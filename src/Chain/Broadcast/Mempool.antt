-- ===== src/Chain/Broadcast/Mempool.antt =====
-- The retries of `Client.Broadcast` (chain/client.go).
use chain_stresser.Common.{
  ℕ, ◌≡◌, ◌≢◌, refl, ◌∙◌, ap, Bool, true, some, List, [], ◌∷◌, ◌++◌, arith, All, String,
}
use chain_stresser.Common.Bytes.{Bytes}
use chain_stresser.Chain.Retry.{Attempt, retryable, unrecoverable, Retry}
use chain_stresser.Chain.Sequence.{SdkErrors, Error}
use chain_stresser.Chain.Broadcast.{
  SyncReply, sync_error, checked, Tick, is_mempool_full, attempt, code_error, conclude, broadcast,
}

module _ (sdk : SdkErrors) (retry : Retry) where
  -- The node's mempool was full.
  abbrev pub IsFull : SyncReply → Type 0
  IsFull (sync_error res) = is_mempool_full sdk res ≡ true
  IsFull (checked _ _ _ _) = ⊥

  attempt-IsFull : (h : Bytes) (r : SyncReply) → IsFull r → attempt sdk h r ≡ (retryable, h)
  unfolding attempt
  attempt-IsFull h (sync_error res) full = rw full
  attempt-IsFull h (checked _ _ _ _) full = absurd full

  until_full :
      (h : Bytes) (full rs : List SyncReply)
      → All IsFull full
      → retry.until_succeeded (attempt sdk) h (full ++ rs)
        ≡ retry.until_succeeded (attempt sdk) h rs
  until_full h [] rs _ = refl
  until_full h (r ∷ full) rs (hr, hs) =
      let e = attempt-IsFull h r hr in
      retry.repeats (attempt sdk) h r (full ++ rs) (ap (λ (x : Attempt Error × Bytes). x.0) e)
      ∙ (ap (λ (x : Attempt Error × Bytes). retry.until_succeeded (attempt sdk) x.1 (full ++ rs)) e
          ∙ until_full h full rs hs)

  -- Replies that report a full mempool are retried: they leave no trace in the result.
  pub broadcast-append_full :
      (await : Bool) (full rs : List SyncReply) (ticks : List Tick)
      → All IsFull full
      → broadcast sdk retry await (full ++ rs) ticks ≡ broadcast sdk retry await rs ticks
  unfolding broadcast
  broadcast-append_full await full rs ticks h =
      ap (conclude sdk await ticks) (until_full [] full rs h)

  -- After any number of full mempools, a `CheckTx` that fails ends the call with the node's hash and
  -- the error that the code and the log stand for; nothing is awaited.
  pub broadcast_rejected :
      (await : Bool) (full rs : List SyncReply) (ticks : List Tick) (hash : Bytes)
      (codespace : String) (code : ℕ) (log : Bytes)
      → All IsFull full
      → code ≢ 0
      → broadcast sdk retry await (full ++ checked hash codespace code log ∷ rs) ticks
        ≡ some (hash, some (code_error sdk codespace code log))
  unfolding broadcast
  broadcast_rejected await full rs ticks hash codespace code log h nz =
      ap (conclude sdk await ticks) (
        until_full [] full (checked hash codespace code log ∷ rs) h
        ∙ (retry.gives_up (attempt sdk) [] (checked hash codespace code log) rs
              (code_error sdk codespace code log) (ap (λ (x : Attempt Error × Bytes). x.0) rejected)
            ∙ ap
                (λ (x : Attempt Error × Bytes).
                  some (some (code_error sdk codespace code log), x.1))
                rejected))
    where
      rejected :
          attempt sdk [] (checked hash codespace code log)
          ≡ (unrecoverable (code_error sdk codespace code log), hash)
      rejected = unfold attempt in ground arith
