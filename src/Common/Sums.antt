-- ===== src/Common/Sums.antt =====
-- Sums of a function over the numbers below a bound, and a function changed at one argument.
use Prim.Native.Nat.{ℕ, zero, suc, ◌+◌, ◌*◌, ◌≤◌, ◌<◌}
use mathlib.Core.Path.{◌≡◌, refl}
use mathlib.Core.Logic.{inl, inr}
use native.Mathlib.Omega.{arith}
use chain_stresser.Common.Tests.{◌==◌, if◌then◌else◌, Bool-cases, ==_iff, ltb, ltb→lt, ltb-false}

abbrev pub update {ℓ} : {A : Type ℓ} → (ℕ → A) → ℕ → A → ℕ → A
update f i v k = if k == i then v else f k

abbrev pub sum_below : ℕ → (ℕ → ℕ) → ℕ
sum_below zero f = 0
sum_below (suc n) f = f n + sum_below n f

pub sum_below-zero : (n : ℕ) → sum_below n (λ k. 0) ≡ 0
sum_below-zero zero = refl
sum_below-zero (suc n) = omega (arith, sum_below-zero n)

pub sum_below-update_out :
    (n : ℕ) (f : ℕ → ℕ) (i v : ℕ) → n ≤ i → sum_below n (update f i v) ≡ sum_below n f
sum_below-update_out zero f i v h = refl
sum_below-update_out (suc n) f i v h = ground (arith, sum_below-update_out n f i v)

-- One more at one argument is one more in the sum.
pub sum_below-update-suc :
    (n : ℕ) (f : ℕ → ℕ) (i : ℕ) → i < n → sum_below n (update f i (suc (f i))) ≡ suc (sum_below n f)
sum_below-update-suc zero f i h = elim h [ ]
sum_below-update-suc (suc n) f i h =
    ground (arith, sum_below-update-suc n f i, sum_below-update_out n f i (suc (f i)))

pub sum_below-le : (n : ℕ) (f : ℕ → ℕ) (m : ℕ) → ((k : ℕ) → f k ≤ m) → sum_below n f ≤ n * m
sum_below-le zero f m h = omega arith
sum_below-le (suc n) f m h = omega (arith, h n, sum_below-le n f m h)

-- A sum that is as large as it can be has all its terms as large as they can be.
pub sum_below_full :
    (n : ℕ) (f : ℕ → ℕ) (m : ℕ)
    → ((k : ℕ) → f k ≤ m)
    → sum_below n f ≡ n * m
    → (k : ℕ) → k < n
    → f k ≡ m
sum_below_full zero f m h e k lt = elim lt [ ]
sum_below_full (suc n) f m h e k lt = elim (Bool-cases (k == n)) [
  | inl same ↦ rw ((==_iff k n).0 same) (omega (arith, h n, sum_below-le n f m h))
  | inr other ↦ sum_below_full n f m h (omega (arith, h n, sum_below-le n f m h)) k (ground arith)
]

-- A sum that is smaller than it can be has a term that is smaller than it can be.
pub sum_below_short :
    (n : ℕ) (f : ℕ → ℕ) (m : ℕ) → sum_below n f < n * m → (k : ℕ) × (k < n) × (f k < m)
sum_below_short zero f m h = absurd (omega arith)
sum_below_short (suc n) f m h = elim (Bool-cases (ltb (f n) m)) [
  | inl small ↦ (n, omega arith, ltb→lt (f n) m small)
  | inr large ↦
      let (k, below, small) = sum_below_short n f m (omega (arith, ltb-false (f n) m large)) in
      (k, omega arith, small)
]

Task
From the line with "sum_below_short zero f" to the final line of the entries above, return every line exactly as written.

Task output
sum_below_short zero f m h = absurd (omega arith)
sum_below_short (suc n) f m h = elim (Bool-cases (ltb (f n) m)) [
  | inl small ↦ (n, omega arith, ltb→lt (f n) m small)
  | inr large ↦
      let (k, below, small) = sum_below_short n f m (omega (arith, ltb-false (f n) m large)) in
      (k, omega arith, small)
]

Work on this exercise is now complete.